The $\theta^\star$ is defined through $\cos \theta^*= \frac{M}{\sqrt{1+M^2}} $
Can anybody help me to clarify things? I have reason to believe it should take a much nicer form.
Thank you in advance.
UPDATE The integral writes $ I= \pi- I_1$ where $I_1 = \int_{-\pi/2}^{+\pi/2} d\phi M(\phi) \theta^*(\phi) $
Using integration by parts as suggested, we obtain \begin{eqnarray} u =\theta^*(\phi) =\arccos G &\Rightarrow& du = \frac{-dG}{\sqrt{1-G^2}}= -\sqrt{1+M^2}dG= \frac{-A}{(1+M^2)}d\phi \\ dv=M(\phi) d\phi &\Rightarrow& v = -A \end{eqnarray}
Let $G=\frac{M}{\sqrt{1+M^2}}$ thus $dG =\frac{1}{(1+M^2)^{3/2}}dM =\frac{A}{(1+M^2)^{3/2}}d\phi $
where $ A(\phi)= M'(\phi)= q\cos \phi-p\sin \phi$.

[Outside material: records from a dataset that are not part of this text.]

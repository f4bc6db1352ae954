-- ===== src/Streaming/Packets.antt =====
-- The packets around the eyes of a set, and the eyes.
use podbay_camera_firmware.Prelude.{
  ℕ, ◌==◌, ◌≡◌, Bool-cases, inl, inr, ◌*◌, ◌/◌, ◌%◌, Option, none, some, List, [], ◌∷◌, length,
  arith, as_u32,
}
use podbay_camera_firmware.Config.Requests.{ContextStream}
use podbay_camera_firmware.Graph.{Graph}
use podbay_camera_firmware.Graph.EyeSet.{RawEyeSet}
use podbay_camera_firmware.Control.{LiveEyeRoi}
use podbay_camera_firmware.Streaming.{Round, Packet, telemetry_every_raw_sets}
use podbay_camera_firmware.Telemetry.Window.{CameraTelemetry, payload}
use podbay_camera_firmware.Packet.{
  thumbnail_packet_header, eye_packet_header, telemetry_packet_header,
}
use podbay_camera_firmware.Streaming.Sets.{context_packets, telemetry_packets}

-- The thumbnail before the eyes, where one was wanted and built: one packet, under the sequence and the
-- time of the set.
pub data Thumbnail (sequence timestamp : ℕ)
    : Option ContextStream → Option (List ℕ) → List Packet → Type 0 where
  unwanted : (built : Option (List ℕ)) → Thumbnail sequence timestamp none built []
  unbuilt : (wanted : Option ContextStream) → Thumbnail sequence timestamp wanted none []
  thumbnail :
      (x y : ℕ) (context : ContextStream) (pixels : List ℕ)
      → Thumbnail sequence timestamp (some context) (some pixels) (
          (
            thumbnail_packet_header 0 sequence timestamp x y context.context_width
                context.context_height
                (as_u32 (length pixels))
                0,
            pixels,
          )
          ∷ [])

-- What follows the eyes of the set with a number: nothing after an odd one, and one packet of telemetry
-- after an even one.
pub data Report (number sequence timestamp : ℕ) : List Packet → Type 0 where
  no_report : number % 2 ≡ 1 → Report number sequence timestamp []
  report :
      (bytes : List ℕ)
      → number % 2 ≡ 0
      → Report number sequence timestamp
          ((telemetry_packet_header sequence timestamp (as_u32 (length bytes)), bytes) ∷ [])

-- The two eyes, the left one first: where the rectangles are, and what was acquired there.
abbrev pub both_eyes : ℕ → LiveEyeRoi → RawEyeSet → List Packet
both_eyes sequence active set =
    (
      eye_packet_header 1 sequence set.set_timestamp_ns active.left_eye.0 active.left_eye.1
          active.eye_width active.eye_height (active.eye_width / 4 * 5)
          (as_u32 (length set.left_payload)),
      set.left_payload,
    )
    ∷ (
      eye_packet_header 2 sequence set.set_timestamp_ns active.right_eye.0 active.right_eye.1
          active.eye_width active.eye_height (active.eye_width / 4 * 5)
          (as_u32 (length set.right_payload)),
      set.right_payload,
    )
    ∷ []

pub context_packets-Thumbnail :
    (g : Graph) (sequence timestamp : ℕ) (wanted : Option ContextStream) (built : Option (List ℕ))
    → Thumbnail sequence timestamp wanted built (context_packets g sequence timestamp wanted built)
unfolding context_packets
context_packets-Thumbnail g sequence timestamp (some context) (some pixels) =
    thumbnail g.origin_x g.origin_y context pixels
context_packets-Thumbnail g sequence timestamp (some context) none = unbuilt (some context)
context_packets-Thumbnail g sequence timestamp none built = unwanted built

pub telemetry_packets-Report :
    (round : Round) (number sequence timestamp : ℕ) (t : CameraTelemetry)
    → Report number sequence timestamp (telemetry_packets round number sequence timestamp t).0
unfolding telemetry_packets
telemetry_packets-Report round number sequence timestamp t =
    elim (Bool-cases (number % telemetry_every_raw_sets == 0)) [
      | inl even ↦ rw even (report (payload t round.telemetry_now).0 (ground arith))
      | inr odd ↦ rw odd (no_report (ground arith))
    ]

Note that $A^2+M^2=p^2+q^2$.
Introduce $\alpha=\sqrt{p^2+q^2+1}$
Thus the integral writes \begin{eqnarray} I_1 &=& \left[ -\theta^* A \right]_{-\pi/2}^{+\pi/2} - \int_{-\pi/2}^{+\pi/2} d\phi \frac{A^2}{1+M^2} \\ &=& p\pi - \int_{-\pi/2}^{+\pi/2} d\phi \frac{A^2}{\alpha^2-A^2} \\ &=& p\pi +\pi - \int_{-\pi/2}^{+\pi/2} d\phi \frac{\alpha^2}{\alpha^2-A^2} \end{eqnarray}
I have reasons to think that the right integral simplifies into $$ \int_{-\pi/2}^{+\pi/2} d\phi \frac{\alpha^2}{\alpha^2-A^2} = \alpha \pi $$ but I could not manage to prove it. Any help would be highly appreciated.